The starship has been hit by a missile. Play the alarm sound.

Now that you know how to use the if block and flags, let’s talk about another conditional block, one that will let you execute one block of code when a certain condition is true and another if that condition is false.

The if/else Block

Imagine that you are creating a game to teach basic math to elementary students. The game presents an addition problem and then asks the student to enter an answer. The student should receive one point for a correct answer and lose one point for an incorrect answer. You can perform this task using two if statements:

If the answer is correct, add one point to score

If the answer is incorrect, subtract one point from score

You could also simplify this logic—and make the code more efficient—by combining the two if statements into one if/else statement as follows:

If the answer is correct

add one point to score

Else

subtract one point from score

The specified condition is tested. If the condition is true, the commands in the if part of the block are executed. If the condition is false, however, the commands under else will execute instead. The program will only execute one of the two groups of commands in the if/else block. Those alternative paths through the program are also called branches. The structure of the if/else block and its corresponding flowchart are shown in Figure 6-6.

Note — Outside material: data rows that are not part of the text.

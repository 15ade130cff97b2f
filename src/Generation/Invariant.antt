-- ===== src/Generation/Invariant.antt =====
-- What holds of a generation after any sequence of calls (lifecycle.go).
use go_mamacord.Base.{
  ℕ, zero, suc, ◌+◌, ◌≡◌, refl, Bool, true, false, not, ◌&&◌, Option, none, some, List, [], ◌∷◌,
  ◌++◌, arith, ◌==◌, if◌then◌else◌, inl, inr, Bool-cases,
}
use go_mamacord.Generation.{
  open_channel, closed_channel, Generation, new_generation, cancel_active, close_drained, acquire,
  finish, begin_drain, release, is_unused, mark, Session, Event, acquires, drains, releases,
  cancels, finishes, apply, run, start, acquired, with_generation,
}

-- The number of callbacks that have not finished.
abbrev pub unfinished : List Bool → ℕ
unfinished [] = 0
unfinished (true ∷ ts) = unfinished ts
unfinished (false ∷ ts) = suc (unfinished ts)

unfinished-append : (ts : List Bool) → unfinished (ts ++ (false ∷ [])) ≡ unfinished ts + 1
unfinished-append [] = omega arith
unfinished-append (true ∷ ts) = unfinished-append ts
unfinished-append (false ∷ ts) = omega (arith, unfinished-append ts)

unfinished-mark :
    (k : ℕ) (ts : List Bool) → is_unused k ts ≡ true → unfinished ts ≡ unfinished (mark k ts) + 1
unfinished-mark k [] h = cc
unfinished-mark zero (true ∷ ts) h = cc
unfinished-mark zero (false ∷ ts) h = omega arith
unfinished-mark (suc k) (true ∷ ts) h = unfinished-mark k ts h
unfinished-mark (suc k) (false ∷ ts) h = omega (arith, unfinished-mark k ts h)

module _ {P : Type 0} (p : P) where
  -- What the lifecycle of a generation with the program `p` keeps true, for a number of callbacks that
  -- have not finished.
  abbrev pub IsSound : ℕ → Generation P → Type 0
  IsSound n g =
      (g.active ≡ n)
      × (g.drain_closed ≡ (not g.accepting && (g.active == 0)))
      × (g.drained ≡ (if g.drain_closed then closed_channel else open_channel))
      × (g.released ≡ true → g.drain_closed ≡ true)
      × (g.program ≡ (if g.released then none else some p))

  acquire-IsSound :
      (n : ℕ) (g h : Generation P) → IsSound n g → acquire g ≡ some h → IsSound (n + 1) h
  unfolding acquire
  acquire-IsSound n g h s e = ground arith

  finish-IsSound : (n : ℕ) (g : Generation P) → IsSound (n + 1) g → IsSound n (finish g)
  unfolding finish close_drained
  finish-IsSound n g s = ground arith

  begin_drain-IsSound : (n : ℕ) (g : Generation P) → IsSound n g → IsSound n (begin_drain g)
  unfolding begin_drain close_drained
  begin_drain-IsSound n g s = ground arith

  release-IsSound : (n : ℕ) (g h : Generation P) → IsSound n g → release g ≡ some h → IsSound n h
  unfolding release
  release-IsSound n g h s e = ground arith

  cancel_active-IsSound : (n : ℕ) (g : Generation P) → IsSound n g → IsSound n (cancel_active g)
  unfolding cancel_active
  cancel_active-IsSound n g s = s

  abbrev pub IsSoundSession : Session P → Type 0
  IsSoundSession s = IsSound (unfinished s.onces) s.generation

  acquired-IsSound :
      (s : Session P) (r : Option (Generation P))
      → acquire s.generation ≡ r
      → IsSoundSession s
      → IsSoundSession (acquired s r)
  acquired-IsSound s none e h = h
  acquired-IsSound s (some g) e h =
      rw (unfinished-append s.onces) (acquire-IsSound (unfinished s.onces) s.generation g h e)

  released-IsSound :
      (s : Session P) (r : Option (Generation P))
      → release s.generation ≡ r
      → IsSoundSession s
      → IsSoundSession (with_generation s r)
  released-IsSound s none e h = h
  released-IsSound s (some g) e h = release-IsSound (unfinished s.onces) s.generation g h e

  pub apply-IsSound : (s : Session P) (e : Event) → IsSoundSession s → IsSoundSession (apply s e)
  unfolding apply
  apply-IsSound s acquires h = acquired-IsSound s (acquire s.generation) refl h
  apply-IsSound s drains h = begin_drain-IsSound (unfinished s.onces) s.generation h
  apply-IsSound s releases h = released-IsSound s (release s.generation) refl h
  apply-IsSound s cancels h = cancel_active-IsSound (unfinished s.onces) s.generation h
  apply-IsSound s (finishes k) h = elim (Bool-cases (is_unused k s.onces)) [
    | inl unused ↦ rw unused (
        finish-IsSound (unfinished (mark k s.onces)) s.generation
          (rw (unfinished-mark k s.onces unused) at h))
    | inr used ↦ rw used h
  ]

  pub run-IsSound : (s : Session P) (es : List Event) → IsSoundSession s → IsSoundSession (run s es)
  unfolding run
  run-IsSound s [] h = h
  run-IsSound s (e ∷ es) h = run-IsSound (apply s e) es (apply-IsSound s e h)

  start-IsSound : IsSoundSession (start p)
  unfolding start new_generation
  start-IsSound = (refl, refl, refl, λ h. cc, refl)

  -- After any sequence of calls on a new generation: `active` is the number of callbacks that have not
  -- finished, `drained` is closed exactly when the generation accepts no callback and none runs, it was
  -- never closed twice, only a drained generation is released, and the program is kept until then.
  pub run-start-IsSound : (es : List Event) → IsSoundSession (run (start p) es)
  run-start-IsSound es = run-IsSound (start p) es start-IsSound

Structure of the if/else block

Figure 6-6. Structure of the if/else block

You might use the if/else structure when you want to decide where to eat lunch. If you have enough money, you’ll go to a fancy restaurant; otherwise, you’ll settle for more casual food. Let’s call the money in your wallet availableCash. When you open your wallet, you’re checking the condition availableCash > $20. If the result is true (you have more than $20), you’ll go to a place with white tablecloths, and if not, you’ll head to the nearest burger joint.

One simple script that illustrates using the if/else block is shown in Figure 6-7. This example uses the modulus operator (mod), which returns the remainder of a division operation, to determine whether a number entered by the user is even or odd. (Remember that an even number has a remainder of zero when divided by two.)

This script finds out whether the number the user entered is even or odd.

Figure 6-7. This script finds out whether the number the user entered is even or odd.

Figure 6-7 shows two sample outputs for when the user enters 6 and 9, respectively, in response to the ask command. Can you explain how this script works?

Nested if and if/else Blocks

If you want to test more than one condition before taking an action, you can nest multiple if (or if/else) blocks inside each other to perform the required test. Consider for example the script shown in Figure 6-8, which determines whether a student should receive a scholarship. To qualify, the student must have: (1) a grade point average (GPA) higher than 3.8 and (2) a grade above 92 percent in math.

You can use nested if/else blocks to test multiple conditions.

Figure 6-8. You can use nested if/else blocks to test multiple conditions.

First, the expression gpa > 3.8 is tested. If this expression is false, we don’t need to check the other condition because the student doesn’t meet the scholarship criteria. If the expression gpa > 3.8 is true, however, we need to test the second condition. This is done with the nested if/else block, which tests the condition mathScore > 92. If this second condition is also true, the student gets the scholarship. Otherwise, the student does not qualify, and an appropriate message explaining the reason is displayed.

Menu-Driven Programs

AreaCalculator.sb2

Next, we’ll explore a typical use of nested if blocks. In particular, you’ll learn how to write programs that present the user with choices and act on the user’s selection.

When you start up some programs, they display a list (or menu) of available options and wait for you to make a selection. Sometimes, you’ll interact with these programs by entering a number that corresponds to your desired option. Such programs may use a sequence of nested if/else blocks to determine the user’s selection and act appropriately. To see how nested if/else blocks work, we’ll discuss an application, shown in Figure 6-9, that calculates the area of different geometric shapes.

User interface for the area calculator program

Figure 6-9. User interface for the area calculator program

The user interface for this application contains the Stage’s background image, which shows the available options (the numbers 1, 2, or 3), and the Tutor sprite, which asks the user for a choice, performs the calculation, and displays the result. The main script, shown in Figure 6-10, starts when the green flag icon is clicked.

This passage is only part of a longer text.